Figure 5

STING activation in PDAC CAFs in vitro. (a) Immunoblotting analyses of stimulated CAF1 and Mφ lysate with anti-phospho-STING, anti-STING, anti-phospho-TBK1, anti-TBK1, anti-phospho-IRF3, anti-IRF3,and β-actin antibodies. CAF1 from PDACs and Mφ collected from the abdominal cavity by stimulation with thioglycolate medium were stimulated by DMXAA and harvested after 1 h. (b) The amount of IFN-β in the supernatant was analyzed by ELISA. CAFs and Mφ (6.0 × 10⁵ each) in a 35-mm Petri dish coated with 1000 μL of medium were incubated with DMXAA for 24 h and the supernatants were used(*P < 0.05).
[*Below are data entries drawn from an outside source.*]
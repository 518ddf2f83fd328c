-- ===== src/Collect/Scan.antt =====
-- internal/collect/scan.go: scanning one log file into the sinks. The file, its parser, the digest of
-- a batch and the repository of a directory are parameters; a sink or a save may fail at any call.
pub mod File
pub mod Sound
pub mod Delivered
pub mod Commit
pub mod Runs
pub mod Names
pub mod Grows
pub mod Onward
pub mod Kept
use Prim.Native.String.{◌++◌ as append}
use omni_token.Prelude.{
  ℕ, zero, suc, ◌+◌, ◌-◌, String, Bool, true, false, not, ◌&&◌, ◌||◌, Option, none, some, List, [],
  ◌∷◌, ◌++◌, ◌==◌, eqb, ltb, leb, is_some, if◌then◌else◌, length, take, drop, decimal, select_where,
}
use omni_token.Fallible.{Fallible, ok, err}
use omni_token.Model.Event.{Event}
use omni_token.Model.Snapshot.{QuotaSnapshot}
use omni_token.Collect.State.{
  InFlightScan, State, Process, offset_of, chunk_delivered, delivery_done, begin_scan,
  mark_delivery_done, discard_scan, commit, repo_for,
}

abbrev pub sink_batch : ℕ
sink_batch = 2000

pub record ParseResult : Type 0 where
  pub events : List Event
  pub quotas : List QuotaSnapshot
  pub consumed : ℕ
  pub turn_start_ms : ℕ

pub data ScanError : Type 0 where
  discard_failed begin_failed resume_mismatch unidentified sink_failed mark_failed : ScanError
  quota_sink_failed commit_failed : ScanError

-- The process, what the sinks have accepted, and the number of calls to them.
pub record World : Type 0 where
  pub process : Process
  pub accepted : List (List Event)
  pub accepted_quotas : List (List QuotaSnapshot)
  pub sends : ℕ

abbrev pub Outcome : Type 0 → Type 0
Outcome A = World × Fallible ScanError A

-- Goes on only after a success; the world is kept either way.
abbrev pub and_then : {A B : Type 0} → Outcome A → (A → World → Outcome B) → Outcome B
and_then (w, ok a) next = next a w
and_then (w, err why) next = (w, err why)

abbrev pub with_process : World → Process → World
with_process w p = record w { process = p }

-- A call on the state that the scan stops at if it fails.
abbrev pub checked : ScanError → World → Process × Bool → Outcome (Unit {0})
checked why w (p, true) = (with_process w p, ok tt)
checked why w (p, false) = (with_process w p, err why)

abbrev pub from_time : ℕ → Event → Bool
from_time cutoff e = leb cutoff e.ts

unfoldable pub drop_before : Option ℕ → List Event → List Event
unfolding select_where
drop_before none es = es
drop_before (some cutoff) es = select_where (from_time cutoff) es

-- The batches of `sinkBatch` events, on fuel: the number of events.
unfoldable pub batches : ℕ → List Event → List (List Event)
batches fuel [] = []
batches zero (e ∷ es) = []
batches (suc fuel) (e ∷ es) = take sink_batch (e ∷ es) ∷ batches fuel (drop sink_batch (e ∷ es))

-- "%s:%d:%x"
unfoldable pub logical_delivery_key : String → ℕ → String → String
unfolding decimal
logical_delivery_key kind ordinal digest =
    append kind (append ":" (append (decimal ordinal) (append ":" digest)))

abbrev pub keyed : String → ℕ → Option String → Option String
keyed kind ordinal none = none
keyed kind ordinal (some digest) = some (logical_delivery_key kind ordinal digest)

-- `nextChunks`: the key of each ordinal.
abbrev pub chunk_map : List String → ℕ → Option String
chunk_map [] i = none
chunk_map (k ∷ ks) zero = some k
chunk_map (k ∷ ks) (suc i) = chunk_map ks i

abbrev pub turn_start_of : Option InFlightScan → ℕ
turn_start_of none = 0
turn_start_of (some scan) = scan.turn_start_ms

module _ (save_ok : ℕ → Bool) where
  abbrev pub resolved : String → Option (String → String) → Event → World → World × Event
  resolved device none e w = (w, e)
  resolved device (some resolve) e w =
      let (p, repo) = repo_for save_ok device e.cwd resolve w.process in
      if e.cwd == "" then (w, e) else (with_process w p, record e { repo = repo })

  unfoldable pub resolve_repos :
      String → Option (String → String) → List Event → World → World × List Event
  unfolding repo_for
  resolve_repos device resolve [] w = (w, [])
  resolve_repos device resolve (e ∷ es) w =
      let (w1, e') = resolved device resolve e w in
      let (w2, es') = resolve_repos device resolve es w1 in (w2, e' ∷ es')

module _ (save_ok sink_ok : ℕ → Bool) (events_digest : List Event → Option String)
    (quotas_digest : List QuotaSnapshot → Option String) where
  abbrev pub events_key : ℕ → List Event → Option String
  events_key ordinal es = keyed "events" ordinal (events_digest es)

  abbrev pub quotas_key : List QuotaSnapshot → Option String
  quotas_key qs = keyed "quotas" 0 (quotas_digest qs)

  abbrev pub sent_events : String → String → List Event → World → Bool → Outcome String
  sent_events path key es w false = (record w { sends = suc w.sends }, err sink_failed)
  sent_events path key es w true =
      let w' = record w { accepted = es ∷ w.accepted; sends = suc w.sends } in
      and_then (checked mark_failed w' (mark_delivery_done save_ok path key w'.process))
        (λ u w''. (w'', ok key))

  -- One round of the loop, with the key that it leaves for the next committed chunks.
  abbrev pub deliver_keyed : String → Bool → ℕ → List Event → Option String → World → Outcome String
  deliver_keyed path cross ordinal es none w = (w, err unidentified)
  deliver_keyed path cross ordinal es (some key) w =
      if (cross && chunk_delivered path ordinal key w.process.memory)
        || delivery_done path key w.process.memory
      then (w, ok key)
      else sent_events path key es w (sink_ok w.sends)

  unfoldable pub deliver_events :
      String → Bool → ℕ → List (List Event) → World → Outcome (List String)
  unfolding chunk_delivered delivery_done mark_delivery_done
  deliver_events path cross ordinal [] w = (w, ok [])
  deliver_events path cross ordinal (es ∷ more) w =
      and_then (deliver_keyed path cross ordinal es (events_key ordinal es) w) (λ key w'.
        and_then (deliver_events path cross (suc ordinal) more w')
          (λ keys w''. (w'', ok (key ∷ keys))))

  abbrev pub sent_quotas : String → String → List QuotaSnapshot → World → Bool → Outcome (Unit {0})
  sent_quotas path key qs w false = (record w { sends = suc w.sends }, err quota_sink_failed)
  sent_quotas path key qs w true =
      let w' = record w { accepted_quotas = qs ∷ w.accepted_quotas; sends = suc w.sends } in
      checked mark_failed w' (mark_delivery_done save_ok path key w'.process)

  abbrev pub deliver_quotas_keyed :
      String → List QuotaSnapshot → Option String → World → Outcome (Unit {0})
  deliver_quotas_keyed path qs none w = (w, err unidentified)
  deliver_quotas_keyed path qs (some key) w =
      if delivery_done path key w.process.memory
      then (w, ok tt)
      else sent_quotas path key qs w (sink_ok w.sends)

  -- `wanted` says that there is a quota sink.
  unfoldable pub deliver_quotas : String → Bool → List QuotaSnapshot → World → Outcome (Unit {0})
  unfolding delivery_done mark_delivery_done
  deliver_quotas path false qs w = (w, ok tt)
  deliver_quotas path true [] w = (w, ok tt)
  deliver_quotas path true (q ∷ qs) w = deliver_quotas_keyed path (q ∷ qs) (quotas_key (q ∷ qs)) w

  -- After the events' repositories: the deliveries and the commit. `cross` is `crossScan`.
  unfoldable pub deliver_all :
      String → Bool → Bool → ℕ → ℕ → List QuotaSnapshot → List Event → World → Outcome ℕ
  unfolding batches deliver_events deliver_quotas commit
  deliver_all path cross wanted end turn_start quotas events w =
      and_then (deliver_events path cross 0 (batches (length events) events) w) (λ keys w1.
        and_then (deliver_quotas path wanted quotas w1) (λ u w2.
          and_then
            (checked commit_failed w2 (
              commit save_ok path end turn_start (if cross then some (chunk_map keys) else none)
                w2.process))
            (λ u w3. (w3, ok (length events)))))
Each dot indicates a measure, and the bars indicate the mean. (c) Fold changes of the indicated cytokine and chemokine mRNA levels in DMXAA-treated CAFs relative to the mean of the control. Data are graphed on a log-scale (*P < 0.05). Each dot indicates a measure, and the bars indicate the mean. (d) Schematic of the migration assay. T cells activated by CD3 and CD28 were placed in the upper wells, and supernatants of control CAFs or DMXAA-treated CAFs in the lower wells. After 24 h, migratory cells were lysed and quantified using CyQuant GR fluorescent dye. (e) Migratory cells were measured by fluorometry (*P < 0.05). Each dot indicates a measure, and the bars indicate the mean.